ASSIGNMENT ->
Go through the data below and copy each line where the word "private" occurs.

Collected data
BEGIN

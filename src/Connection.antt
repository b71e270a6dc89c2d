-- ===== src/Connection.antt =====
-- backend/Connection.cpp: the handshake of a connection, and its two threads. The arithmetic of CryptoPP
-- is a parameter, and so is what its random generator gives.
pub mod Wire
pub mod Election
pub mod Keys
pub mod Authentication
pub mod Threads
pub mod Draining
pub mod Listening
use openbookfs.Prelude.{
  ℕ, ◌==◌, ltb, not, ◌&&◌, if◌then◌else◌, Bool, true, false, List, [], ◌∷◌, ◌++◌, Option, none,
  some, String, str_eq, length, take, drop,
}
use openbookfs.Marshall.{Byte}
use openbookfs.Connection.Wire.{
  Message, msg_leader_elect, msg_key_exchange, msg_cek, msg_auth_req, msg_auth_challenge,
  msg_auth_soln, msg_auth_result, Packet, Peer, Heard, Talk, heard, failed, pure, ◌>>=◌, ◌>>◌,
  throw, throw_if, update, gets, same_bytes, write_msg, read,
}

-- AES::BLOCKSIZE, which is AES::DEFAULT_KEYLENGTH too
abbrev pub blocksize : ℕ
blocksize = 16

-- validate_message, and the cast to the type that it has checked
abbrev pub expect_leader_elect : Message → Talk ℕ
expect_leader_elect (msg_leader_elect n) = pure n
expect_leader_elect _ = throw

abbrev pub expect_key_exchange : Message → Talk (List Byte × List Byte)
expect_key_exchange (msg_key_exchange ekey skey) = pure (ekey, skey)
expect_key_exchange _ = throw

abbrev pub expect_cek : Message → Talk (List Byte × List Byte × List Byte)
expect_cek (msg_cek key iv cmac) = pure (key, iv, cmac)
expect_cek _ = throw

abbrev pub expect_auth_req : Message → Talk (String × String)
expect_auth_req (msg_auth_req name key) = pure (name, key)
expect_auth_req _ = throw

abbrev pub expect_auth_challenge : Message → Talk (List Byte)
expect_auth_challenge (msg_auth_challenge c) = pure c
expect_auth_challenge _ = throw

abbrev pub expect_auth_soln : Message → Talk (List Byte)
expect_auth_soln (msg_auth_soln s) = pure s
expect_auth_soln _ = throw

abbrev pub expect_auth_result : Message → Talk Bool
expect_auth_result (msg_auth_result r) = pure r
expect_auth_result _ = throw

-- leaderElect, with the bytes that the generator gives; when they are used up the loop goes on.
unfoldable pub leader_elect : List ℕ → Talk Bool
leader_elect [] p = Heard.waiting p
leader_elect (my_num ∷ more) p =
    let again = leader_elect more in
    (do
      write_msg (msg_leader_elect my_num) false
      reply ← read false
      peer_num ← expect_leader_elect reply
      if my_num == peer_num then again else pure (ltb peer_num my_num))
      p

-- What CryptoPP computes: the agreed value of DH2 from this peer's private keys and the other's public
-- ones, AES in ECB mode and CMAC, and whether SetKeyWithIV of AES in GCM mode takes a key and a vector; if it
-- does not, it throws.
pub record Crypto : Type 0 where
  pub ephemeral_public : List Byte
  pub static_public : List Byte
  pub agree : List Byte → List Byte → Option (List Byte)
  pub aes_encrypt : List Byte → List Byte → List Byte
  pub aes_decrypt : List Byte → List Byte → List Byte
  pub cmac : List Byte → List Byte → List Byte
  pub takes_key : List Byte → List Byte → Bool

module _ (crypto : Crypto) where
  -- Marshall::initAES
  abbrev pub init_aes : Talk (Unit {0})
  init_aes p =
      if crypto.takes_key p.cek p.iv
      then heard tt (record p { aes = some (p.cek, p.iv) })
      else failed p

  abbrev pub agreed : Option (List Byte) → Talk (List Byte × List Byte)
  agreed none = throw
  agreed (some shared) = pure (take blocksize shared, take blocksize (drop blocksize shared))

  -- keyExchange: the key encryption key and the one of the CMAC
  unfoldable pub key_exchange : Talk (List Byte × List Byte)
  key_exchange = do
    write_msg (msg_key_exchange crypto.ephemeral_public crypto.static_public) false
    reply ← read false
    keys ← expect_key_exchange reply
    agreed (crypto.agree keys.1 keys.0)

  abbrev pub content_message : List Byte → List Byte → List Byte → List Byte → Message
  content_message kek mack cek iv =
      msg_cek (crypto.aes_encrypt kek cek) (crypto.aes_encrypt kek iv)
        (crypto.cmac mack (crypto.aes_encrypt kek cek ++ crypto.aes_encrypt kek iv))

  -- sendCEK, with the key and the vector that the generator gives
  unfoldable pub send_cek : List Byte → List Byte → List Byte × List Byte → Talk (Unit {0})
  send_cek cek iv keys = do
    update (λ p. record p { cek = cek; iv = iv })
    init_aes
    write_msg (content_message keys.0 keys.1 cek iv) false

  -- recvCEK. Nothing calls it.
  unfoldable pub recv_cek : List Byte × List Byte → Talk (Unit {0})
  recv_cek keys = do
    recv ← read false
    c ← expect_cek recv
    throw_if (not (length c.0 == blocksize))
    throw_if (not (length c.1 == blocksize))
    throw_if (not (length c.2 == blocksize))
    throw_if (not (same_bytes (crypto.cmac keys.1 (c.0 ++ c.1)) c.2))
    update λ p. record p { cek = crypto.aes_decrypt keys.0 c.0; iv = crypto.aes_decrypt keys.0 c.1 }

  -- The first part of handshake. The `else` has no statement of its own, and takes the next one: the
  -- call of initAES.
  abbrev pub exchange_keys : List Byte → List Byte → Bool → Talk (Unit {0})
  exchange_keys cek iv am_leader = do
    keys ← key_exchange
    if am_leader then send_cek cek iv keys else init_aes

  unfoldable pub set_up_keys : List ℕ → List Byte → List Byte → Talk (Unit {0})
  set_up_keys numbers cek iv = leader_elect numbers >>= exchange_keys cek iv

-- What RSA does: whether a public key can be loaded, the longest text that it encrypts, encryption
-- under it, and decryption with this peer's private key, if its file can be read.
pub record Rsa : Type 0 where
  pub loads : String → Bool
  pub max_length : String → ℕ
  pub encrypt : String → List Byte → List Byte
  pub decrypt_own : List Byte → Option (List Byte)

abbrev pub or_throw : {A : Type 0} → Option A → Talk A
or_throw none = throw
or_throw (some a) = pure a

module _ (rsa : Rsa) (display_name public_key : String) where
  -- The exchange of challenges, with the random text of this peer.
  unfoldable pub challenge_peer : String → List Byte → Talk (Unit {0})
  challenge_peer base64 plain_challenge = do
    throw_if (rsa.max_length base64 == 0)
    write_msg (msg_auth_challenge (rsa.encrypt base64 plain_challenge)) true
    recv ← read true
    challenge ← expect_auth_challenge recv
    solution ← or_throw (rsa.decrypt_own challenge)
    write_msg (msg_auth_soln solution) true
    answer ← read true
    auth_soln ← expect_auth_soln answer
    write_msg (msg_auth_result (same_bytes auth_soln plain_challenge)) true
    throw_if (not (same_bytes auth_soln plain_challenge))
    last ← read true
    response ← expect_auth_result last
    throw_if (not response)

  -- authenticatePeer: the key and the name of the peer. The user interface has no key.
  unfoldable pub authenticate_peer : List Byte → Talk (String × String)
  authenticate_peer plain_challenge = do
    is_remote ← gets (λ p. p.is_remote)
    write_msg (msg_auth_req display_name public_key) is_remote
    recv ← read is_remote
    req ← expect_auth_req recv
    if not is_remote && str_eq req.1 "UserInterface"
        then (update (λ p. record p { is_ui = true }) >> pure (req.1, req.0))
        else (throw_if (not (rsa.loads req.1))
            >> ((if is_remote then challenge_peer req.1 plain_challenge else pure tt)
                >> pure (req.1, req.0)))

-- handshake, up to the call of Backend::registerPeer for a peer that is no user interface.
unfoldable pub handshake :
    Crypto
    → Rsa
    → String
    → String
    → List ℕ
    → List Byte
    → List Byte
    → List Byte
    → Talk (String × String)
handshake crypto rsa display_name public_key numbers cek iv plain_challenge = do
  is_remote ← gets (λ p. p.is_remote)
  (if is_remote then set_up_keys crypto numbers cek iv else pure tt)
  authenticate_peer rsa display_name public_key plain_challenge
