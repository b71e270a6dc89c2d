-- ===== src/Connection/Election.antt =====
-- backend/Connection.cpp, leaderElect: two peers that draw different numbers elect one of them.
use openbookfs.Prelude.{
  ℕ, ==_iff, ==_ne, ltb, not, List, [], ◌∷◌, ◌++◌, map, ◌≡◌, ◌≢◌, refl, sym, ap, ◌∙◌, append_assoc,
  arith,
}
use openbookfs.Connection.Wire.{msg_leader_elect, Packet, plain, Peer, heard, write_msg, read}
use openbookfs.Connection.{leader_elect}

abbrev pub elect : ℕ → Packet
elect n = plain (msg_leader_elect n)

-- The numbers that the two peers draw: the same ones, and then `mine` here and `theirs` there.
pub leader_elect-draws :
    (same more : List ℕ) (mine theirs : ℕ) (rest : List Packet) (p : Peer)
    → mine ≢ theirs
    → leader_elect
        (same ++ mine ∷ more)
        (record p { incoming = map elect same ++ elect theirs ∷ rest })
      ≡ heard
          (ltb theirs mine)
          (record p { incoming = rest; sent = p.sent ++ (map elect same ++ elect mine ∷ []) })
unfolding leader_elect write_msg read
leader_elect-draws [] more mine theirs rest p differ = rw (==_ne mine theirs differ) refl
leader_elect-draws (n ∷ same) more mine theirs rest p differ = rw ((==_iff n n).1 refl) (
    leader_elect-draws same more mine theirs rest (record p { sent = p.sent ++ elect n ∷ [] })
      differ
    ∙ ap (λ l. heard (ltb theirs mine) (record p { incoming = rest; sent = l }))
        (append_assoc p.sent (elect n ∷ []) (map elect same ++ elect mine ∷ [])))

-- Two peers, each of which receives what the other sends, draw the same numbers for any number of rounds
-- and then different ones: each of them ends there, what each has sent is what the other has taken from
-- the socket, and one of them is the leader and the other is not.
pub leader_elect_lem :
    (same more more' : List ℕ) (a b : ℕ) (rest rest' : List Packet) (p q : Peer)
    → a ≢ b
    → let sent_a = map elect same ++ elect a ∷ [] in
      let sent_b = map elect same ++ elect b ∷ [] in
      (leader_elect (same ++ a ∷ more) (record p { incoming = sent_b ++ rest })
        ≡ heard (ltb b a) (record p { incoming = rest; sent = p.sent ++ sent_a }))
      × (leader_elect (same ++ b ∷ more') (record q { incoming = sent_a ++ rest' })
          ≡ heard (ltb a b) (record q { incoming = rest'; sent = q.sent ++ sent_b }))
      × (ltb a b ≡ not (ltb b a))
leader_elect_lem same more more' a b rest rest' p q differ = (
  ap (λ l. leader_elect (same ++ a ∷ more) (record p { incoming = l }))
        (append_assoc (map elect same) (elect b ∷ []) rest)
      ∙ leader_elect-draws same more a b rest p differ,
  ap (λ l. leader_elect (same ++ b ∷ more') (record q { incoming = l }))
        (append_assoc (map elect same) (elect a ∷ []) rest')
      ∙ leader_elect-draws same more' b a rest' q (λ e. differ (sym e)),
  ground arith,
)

END

ANSWER TO THIS EXERCISE ->
-- What CryptoPP computes: the agreed value of DH2 from this peer's private keys and the other's public
-- under it, and decryption with this peer's private key, if its file can be read.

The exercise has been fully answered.